■ Stored items ■

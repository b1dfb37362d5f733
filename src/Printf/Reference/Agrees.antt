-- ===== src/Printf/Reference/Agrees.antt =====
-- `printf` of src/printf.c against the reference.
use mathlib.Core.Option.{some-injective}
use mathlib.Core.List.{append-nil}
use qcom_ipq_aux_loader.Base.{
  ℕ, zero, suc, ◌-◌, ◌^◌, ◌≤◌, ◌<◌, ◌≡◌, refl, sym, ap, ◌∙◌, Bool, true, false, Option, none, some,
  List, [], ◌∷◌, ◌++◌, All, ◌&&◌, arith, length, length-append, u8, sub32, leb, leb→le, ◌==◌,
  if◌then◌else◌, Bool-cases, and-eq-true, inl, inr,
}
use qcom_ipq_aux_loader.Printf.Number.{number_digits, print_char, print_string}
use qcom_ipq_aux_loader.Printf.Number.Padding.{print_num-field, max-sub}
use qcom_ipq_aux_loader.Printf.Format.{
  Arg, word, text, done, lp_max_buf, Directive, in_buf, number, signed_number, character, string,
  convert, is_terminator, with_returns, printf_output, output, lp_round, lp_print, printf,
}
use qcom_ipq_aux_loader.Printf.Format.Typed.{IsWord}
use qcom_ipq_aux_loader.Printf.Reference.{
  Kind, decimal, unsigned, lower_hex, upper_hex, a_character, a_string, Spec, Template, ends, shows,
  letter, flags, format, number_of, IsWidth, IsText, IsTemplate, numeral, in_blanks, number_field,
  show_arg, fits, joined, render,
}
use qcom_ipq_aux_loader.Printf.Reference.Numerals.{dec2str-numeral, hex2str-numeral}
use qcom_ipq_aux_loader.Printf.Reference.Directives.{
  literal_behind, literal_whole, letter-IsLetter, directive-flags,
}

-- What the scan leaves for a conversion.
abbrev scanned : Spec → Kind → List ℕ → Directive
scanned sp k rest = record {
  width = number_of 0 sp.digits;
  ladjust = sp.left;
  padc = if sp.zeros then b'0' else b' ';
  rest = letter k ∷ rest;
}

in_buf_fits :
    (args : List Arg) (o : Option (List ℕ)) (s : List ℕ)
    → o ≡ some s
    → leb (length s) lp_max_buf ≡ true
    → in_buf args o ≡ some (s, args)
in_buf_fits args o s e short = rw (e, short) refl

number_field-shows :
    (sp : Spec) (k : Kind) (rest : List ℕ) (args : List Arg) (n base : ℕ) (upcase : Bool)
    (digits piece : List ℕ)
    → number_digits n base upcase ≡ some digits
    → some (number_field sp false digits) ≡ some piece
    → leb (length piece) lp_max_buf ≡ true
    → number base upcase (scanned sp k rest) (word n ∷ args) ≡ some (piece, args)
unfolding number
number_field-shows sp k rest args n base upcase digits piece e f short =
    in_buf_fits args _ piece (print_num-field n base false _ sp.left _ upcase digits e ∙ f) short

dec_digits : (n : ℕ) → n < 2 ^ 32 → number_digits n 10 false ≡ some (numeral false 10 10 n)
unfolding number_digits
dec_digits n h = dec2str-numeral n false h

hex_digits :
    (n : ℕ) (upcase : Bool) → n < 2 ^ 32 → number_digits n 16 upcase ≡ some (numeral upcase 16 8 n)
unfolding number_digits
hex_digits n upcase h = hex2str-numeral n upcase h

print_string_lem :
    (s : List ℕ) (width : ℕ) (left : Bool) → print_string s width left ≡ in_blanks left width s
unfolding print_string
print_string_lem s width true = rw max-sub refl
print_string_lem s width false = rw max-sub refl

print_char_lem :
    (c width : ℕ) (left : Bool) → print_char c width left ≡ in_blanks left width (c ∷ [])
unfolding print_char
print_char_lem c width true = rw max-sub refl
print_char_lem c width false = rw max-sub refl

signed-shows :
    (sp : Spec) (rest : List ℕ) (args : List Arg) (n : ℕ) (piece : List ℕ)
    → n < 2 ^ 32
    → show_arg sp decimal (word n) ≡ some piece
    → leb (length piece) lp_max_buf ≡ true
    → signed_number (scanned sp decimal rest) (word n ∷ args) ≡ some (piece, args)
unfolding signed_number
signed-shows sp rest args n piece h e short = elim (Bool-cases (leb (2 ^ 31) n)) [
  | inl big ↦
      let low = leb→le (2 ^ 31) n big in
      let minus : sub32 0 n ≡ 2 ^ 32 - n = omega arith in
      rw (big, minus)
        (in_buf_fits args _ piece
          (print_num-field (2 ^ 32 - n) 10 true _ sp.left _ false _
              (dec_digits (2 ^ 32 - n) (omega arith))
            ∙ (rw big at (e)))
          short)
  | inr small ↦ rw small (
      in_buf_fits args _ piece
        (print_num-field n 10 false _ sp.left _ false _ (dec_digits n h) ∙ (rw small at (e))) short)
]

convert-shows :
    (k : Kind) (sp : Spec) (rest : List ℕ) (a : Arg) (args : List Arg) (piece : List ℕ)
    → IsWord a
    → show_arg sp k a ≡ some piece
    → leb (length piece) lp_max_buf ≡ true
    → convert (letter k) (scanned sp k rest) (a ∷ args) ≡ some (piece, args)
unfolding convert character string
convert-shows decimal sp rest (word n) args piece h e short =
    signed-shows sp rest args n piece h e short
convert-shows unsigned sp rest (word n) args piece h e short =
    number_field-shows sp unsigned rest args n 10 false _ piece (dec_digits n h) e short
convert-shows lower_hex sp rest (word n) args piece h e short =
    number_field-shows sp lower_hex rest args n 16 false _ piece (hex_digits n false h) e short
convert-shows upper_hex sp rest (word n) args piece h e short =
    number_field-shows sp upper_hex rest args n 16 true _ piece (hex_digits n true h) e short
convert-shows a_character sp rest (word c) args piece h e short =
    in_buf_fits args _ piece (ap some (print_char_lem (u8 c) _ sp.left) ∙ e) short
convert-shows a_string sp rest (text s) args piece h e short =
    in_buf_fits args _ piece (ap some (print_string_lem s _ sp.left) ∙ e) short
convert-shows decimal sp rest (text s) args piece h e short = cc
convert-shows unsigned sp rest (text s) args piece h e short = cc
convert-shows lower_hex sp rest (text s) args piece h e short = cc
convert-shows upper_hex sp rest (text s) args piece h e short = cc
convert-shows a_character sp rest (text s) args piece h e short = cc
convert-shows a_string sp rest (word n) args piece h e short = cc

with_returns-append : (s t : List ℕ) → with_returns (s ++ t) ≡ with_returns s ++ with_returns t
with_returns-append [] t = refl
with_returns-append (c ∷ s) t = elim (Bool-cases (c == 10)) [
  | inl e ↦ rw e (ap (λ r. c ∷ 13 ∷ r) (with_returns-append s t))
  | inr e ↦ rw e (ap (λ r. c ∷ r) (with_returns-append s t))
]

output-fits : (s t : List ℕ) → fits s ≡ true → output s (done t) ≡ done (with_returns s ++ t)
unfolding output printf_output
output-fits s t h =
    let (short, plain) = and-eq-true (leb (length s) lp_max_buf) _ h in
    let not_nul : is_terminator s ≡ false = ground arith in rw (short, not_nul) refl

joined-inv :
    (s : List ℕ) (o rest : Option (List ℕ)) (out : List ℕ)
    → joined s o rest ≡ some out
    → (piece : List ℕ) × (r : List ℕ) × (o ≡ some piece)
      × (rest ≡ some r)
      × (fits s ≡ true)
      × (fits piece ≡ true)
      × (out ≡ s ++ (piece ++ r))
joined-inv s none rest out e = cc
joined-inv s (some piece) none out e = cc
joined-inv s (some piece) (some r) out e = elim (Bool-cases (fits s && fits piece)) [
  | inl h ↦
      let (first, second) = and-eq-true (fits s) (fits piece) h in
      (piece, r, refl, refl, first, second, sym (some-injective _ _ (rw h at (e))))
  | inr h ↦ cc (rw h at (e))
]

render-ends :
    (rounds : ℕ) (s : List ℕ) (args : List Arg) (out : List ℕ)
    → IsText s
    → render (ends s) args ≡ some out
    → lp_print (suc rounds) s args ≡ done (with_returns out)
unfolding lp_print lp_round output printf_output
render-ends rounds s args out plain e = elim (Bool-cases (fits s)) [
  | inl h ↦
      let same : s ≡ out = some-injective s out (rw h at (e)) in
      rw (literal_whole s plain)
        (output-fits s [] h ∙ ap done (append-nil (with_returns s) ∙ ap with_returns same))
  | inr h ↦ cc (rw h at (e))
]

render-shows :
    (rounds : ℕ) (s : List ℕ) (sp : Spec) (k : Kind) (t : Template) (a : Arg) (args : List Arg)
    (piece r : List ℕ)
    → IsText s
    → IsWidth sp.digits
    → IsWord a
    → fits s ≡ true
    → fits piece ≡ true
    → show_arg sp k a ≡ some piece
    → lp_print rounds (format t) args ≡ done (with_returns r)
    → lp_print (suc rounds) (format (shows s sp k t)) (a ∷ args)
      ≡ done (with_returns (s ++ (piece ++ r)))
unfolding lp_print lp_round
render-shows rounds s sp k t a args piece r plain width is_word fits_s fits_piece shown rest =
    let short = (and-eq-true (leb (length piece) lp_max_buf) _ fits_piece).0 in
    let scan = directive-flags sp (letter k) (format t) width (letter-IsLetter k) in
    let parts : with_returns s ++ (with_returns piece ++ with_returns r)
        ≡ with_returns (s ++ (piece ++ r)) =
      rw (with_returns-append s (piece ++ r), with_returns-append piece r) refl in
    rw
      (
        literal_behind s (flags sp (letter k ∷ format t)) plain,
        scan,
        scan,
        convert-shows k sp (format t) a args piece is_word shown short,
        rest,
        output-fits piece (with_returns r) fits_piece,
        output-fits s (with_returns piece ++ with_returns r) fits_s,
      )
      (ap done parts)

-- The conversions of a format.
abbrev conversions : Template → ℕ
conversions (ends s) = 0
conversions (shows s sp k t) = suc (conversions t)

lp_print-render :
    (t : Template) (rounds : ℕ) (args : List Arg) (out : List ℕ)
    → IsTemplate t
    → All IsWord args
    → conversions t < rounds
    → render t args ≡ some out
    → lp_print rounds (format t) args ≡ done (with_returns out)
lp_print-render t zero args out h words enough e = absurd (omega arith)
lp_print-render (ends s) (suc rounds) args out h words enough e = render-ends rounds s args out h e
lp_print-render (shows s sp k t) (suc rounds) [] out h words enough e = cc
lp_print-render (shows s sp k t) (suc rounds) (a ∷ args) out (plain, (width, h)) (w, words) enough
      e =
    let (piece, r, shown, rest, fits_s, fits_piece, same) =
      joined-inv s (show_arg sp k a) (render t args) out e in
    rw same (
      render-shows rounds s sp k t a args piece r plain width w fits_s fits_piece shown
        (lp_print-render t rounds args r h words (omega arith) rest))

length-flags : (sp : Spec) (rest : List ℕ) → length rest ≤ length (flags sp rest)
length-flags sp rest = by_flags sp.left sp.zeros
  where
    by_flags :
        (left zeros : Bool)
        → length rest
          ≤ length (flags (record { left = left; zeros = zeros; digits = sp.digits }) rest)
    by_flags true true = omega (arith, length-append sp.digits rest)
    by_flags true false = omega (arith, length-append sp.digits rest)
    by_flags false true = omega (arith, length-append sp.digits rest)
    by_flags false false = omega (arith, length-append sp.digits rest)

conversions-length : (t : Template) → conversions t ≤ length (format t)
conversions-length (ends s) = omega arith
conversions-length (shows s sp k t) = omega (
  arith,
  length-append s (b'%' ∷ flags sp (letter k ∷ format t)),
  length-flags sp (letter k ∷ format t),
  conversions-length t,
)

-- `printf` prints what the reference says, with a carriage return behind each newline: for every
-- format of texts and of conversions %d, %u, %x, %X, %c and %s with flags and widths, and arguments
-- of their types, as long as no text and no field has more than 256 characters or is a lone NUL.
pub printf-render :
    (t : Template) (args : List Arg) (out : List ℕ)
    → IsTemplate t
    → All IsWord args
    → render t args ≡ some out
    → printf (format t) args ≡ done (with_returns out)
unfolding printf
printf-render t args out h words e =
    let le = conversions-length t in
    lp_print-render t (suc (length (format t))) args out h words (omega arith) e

■ ACTION ITEM ■
The answer must consist of every line above that contains the word "unsigned".

■ TASK RESULT ■
  Kind, decimal, unsigned, lower_hex, upper_hex, a_character, a_string, Spec, Template, ends, shows,
convert-shows unsigned sp rest (word n) args piece h e short =
    number_field-shows sp unsigned rest args n 10 false _ piece (dec_digits n h) e short
convert-shows unsigned sp rest (text s) args piece h e short = cc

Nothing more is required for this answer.